BEGIN INPUT RECORDS

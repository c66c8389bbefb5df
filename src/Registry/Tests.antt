-- ===== src/Registry/Tests.antt =====
-- Runs of router-registry, and its theorems at concrete inputs.
use stellar_router.Prelude.{ℕ, true, false, none, some, List, [], ◌∷◌, ◌≡◌, refl, arith}
use stellar_router.Prelude.Sequence.{get_elem?}
use stellar_router.Prelude.Ascending.{IsAscending}
use stellar_router.Common.{IsAdmin, ok, err}
use stellar_router.Registry
use stellar_router.Registry.{
  Name, ContractEntry, BulkRegistrationInput, Call, gte, deployed, all_versions_deprecated,
}
use stellar_router.Registry.Entries.{get_versions_list, is_empty}
use stellar_router.Registry.Constraint.{
  parse_constraint, satisfies, validate_constraint, version_matches_constraint,
}
use stellar_router.Registry.Lookup.{get_latest, get_latest_with_constraint, get_all_versions}
use stellar_router.Registry.Calls
use stellar_router.Registry.Calls.{authorize, deprecate_all_versions}
use stellar_router.Registry.Bulk.{bulk_register}
use stellar_router.Registry.Invariant.{IsValid}
use stellar_router.Registry.Valid.{Lasts}
use stellar_router.Registry.History.{
  Surroundings, Request, evolve, evolve-deployed-IsValid, evolve-Lasts,
}
use stellar_router.Registry.InOrder.{Atomic, bulk_register-Atomic}
use stellar_router.Registry.Latest.{Selects, always, get_latest-Selects}
use stellar_router.Registry.RoundTrip.{
  print_constraint, parse_constraint-print_constraint, get_latest_with_constraint-Selects,
}
use stellar_router.Registry.Retire.{
  versions_of, deprecate_all_versions-get_latest, get_all_versions-versions,
}

abbrev State : Type 0
State = Registry.Registry

abbrev signed : Surroundings
signed = record {
  env = record { timestamp = 1000; authorized = λ a. true };
  answers = λ address fn_sym. true;
}

-- Three versions of the contract 5, the newest deprecated.
abbrev past : List (Surroundings × Request)
past =
    (signed, Request.initialize 1)
    ∷ (signed, Request.register 1 5 10 1)
    ∷ (signed, Request.register 1 5 12 2)
    ∷ (signed, Request.register_with_check 1 5 13 4 (some "ping"))
    ∷ (signed, Request.deprecate 1 5 4 none)
    ∷ []

abbrev second : ContractEntry
second = record {
  address = 12;
  name = 5;
  version = 2;
  deprecated = false;
  registered_by = 1;
  deprecation_reason = none;
}

abbrev present : State
present = evolve past deployed

abbrev item : Name → ℕ → BulkRegistrationInput
item name version = record { name = name; address = 20; version = version }

present-admin : present.admin ≡ some 1
unfolding evolve Calls.initialize Calls.register Calls.register_with_check Calls.deprecate
present-admin = refl

present-IsAdmin : IsAdmin signed.env present.admin 1
present-IsAdmin = record { signed = refl; stored_admin = present-admin }

present-second : present.entries 5 2 ≡ some second
unfolding evolve Calls.initialize Calls.register Calls.register_with_check Calls.deprecate
present-second = refl

present-registered : is_empty (get_versions_list present 5) ≡ false
unfolding evolve Calls.initialize Calls.register Calls.register_with_check Calls.deprecate
present-registered = refl

latest_runs : get_latest present 5 ≡ ok second
unfolding evolve Calls.initialize Calls.register Calls.register_with_check Calls.deprecate
    get_latest
latest_runs = refl

at_least_four :
    get_latest_with_constraint present 5 (some (b'>' ∷ b'=' ∷ b'4' ∷ []))
    ≡ err all_versions_deprecated
unfolding evolve Calls.initialize Calls.register Calls.register_with_check Calls.deprecate
    get_latest_with_constraint validate_constraint version_matches_constraint
at_least_four = refl

evolve-deployed-IsValid_example : IsValid present
evolve-deployed-IsValid_example = evolve-deployed-IsValid past

evolve-Lasts_example :
    Lasts second
      ((evolve ((signed, Request.deprecate_all_versions 1 5 none) ∷ []) present).entries 5 2)
evolve-Lasts_example =
    evolve-Lasts past ((signed, Request.deprecate_all_versions 1 5 none) ∷ []) 5 2 second
      present-second

bulk_register-Atomic_example :
    Atomic present 1
      (item 6 1 ∷ item 5 4 ∷ [])
      (bulk_register signed.env present 1 (item 6 1 ∷ item 5 4 ∷ []) true)
bulk_register-Atomic_example =
    bulk_register-Atomic signed.env present 1 (item 6 1 ∷ item 5 4 ∷ []) present-IsAdmin
      (omega arith)

get_latest-Selects_example : Selects present 5 always (get_latest present 5)
get_latest-Selects_example = get_latest-Selects present 5 (evolve-deployed-IsValid past)

parse_constraint-print_constraint_example :
    parse_constraint (print_constraint gte 120) ≡ ok (gte, 120)
parse_constraint-print_constraint_example = parse_constraint-print_constraint gte 120 (omega arith)

get_latest_with_constraint-Selects_example :
    Selects present 5
      (satisfies gte 2)
      (get_latest_with_constraint present 5 (some (print_constraint gte 2)))
get_latest_with_constraint-Selects_example =
    get_latest_with_constraint-Selects present 5 gte 2 (evolve-deployed-IsValid past) (omega arith)

deprecate_all_versions-get_latest_example :
    (t : State) × (deprecate_all_versions signed.env present 1 5 (some "old") ≡ ok t)
    × (get_latest t 5 ≡ err all_versions_deprecated)
deprecate_all_versions-get_latest_example =
    deprecate_all_versions-get_latest signed.env present 1 5 (some "old")
      (evolve-deployed-IsValid past) present-IsAdmin present-registered

get_all_versions-versions_example :
    (versions_of (get_all_versions present 5) ≡ get_versions_list present 5)
    × IsAscending (versions_of (get_all_versions present 5))
    × ((i : ℕ) (e : ContractEntry)
        → get_elem? (get_all_versions present 5) i ≡ some e
        → present.entries 5 e.version ≡ some e)
get_all_versions-versions_example =
    get_all_versions-versions present 5 (evolve-deployed-IsValid past)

END INPUT RECORDS

TASK DIRECTIONS: Above is a listing; print exactly its lines from the one with "present-admin : present.admin ≡ some 1" through the one with "present-second : present.entries", and no other lines.

SOLUTION FOR THIS TASK:
present-admin : present.admin ≡ some 1
unfolding evolve Calls.initialize Calls.register Calls.register_with_check Calls.deprecate
present-admin = refl

present-IsAdmin : IsAdmin signed.env present.admin 1
present-IsAdmin = record { signed = refl; stored_admin = present-admin }

present-second : present.entries 5 2 ≡ some second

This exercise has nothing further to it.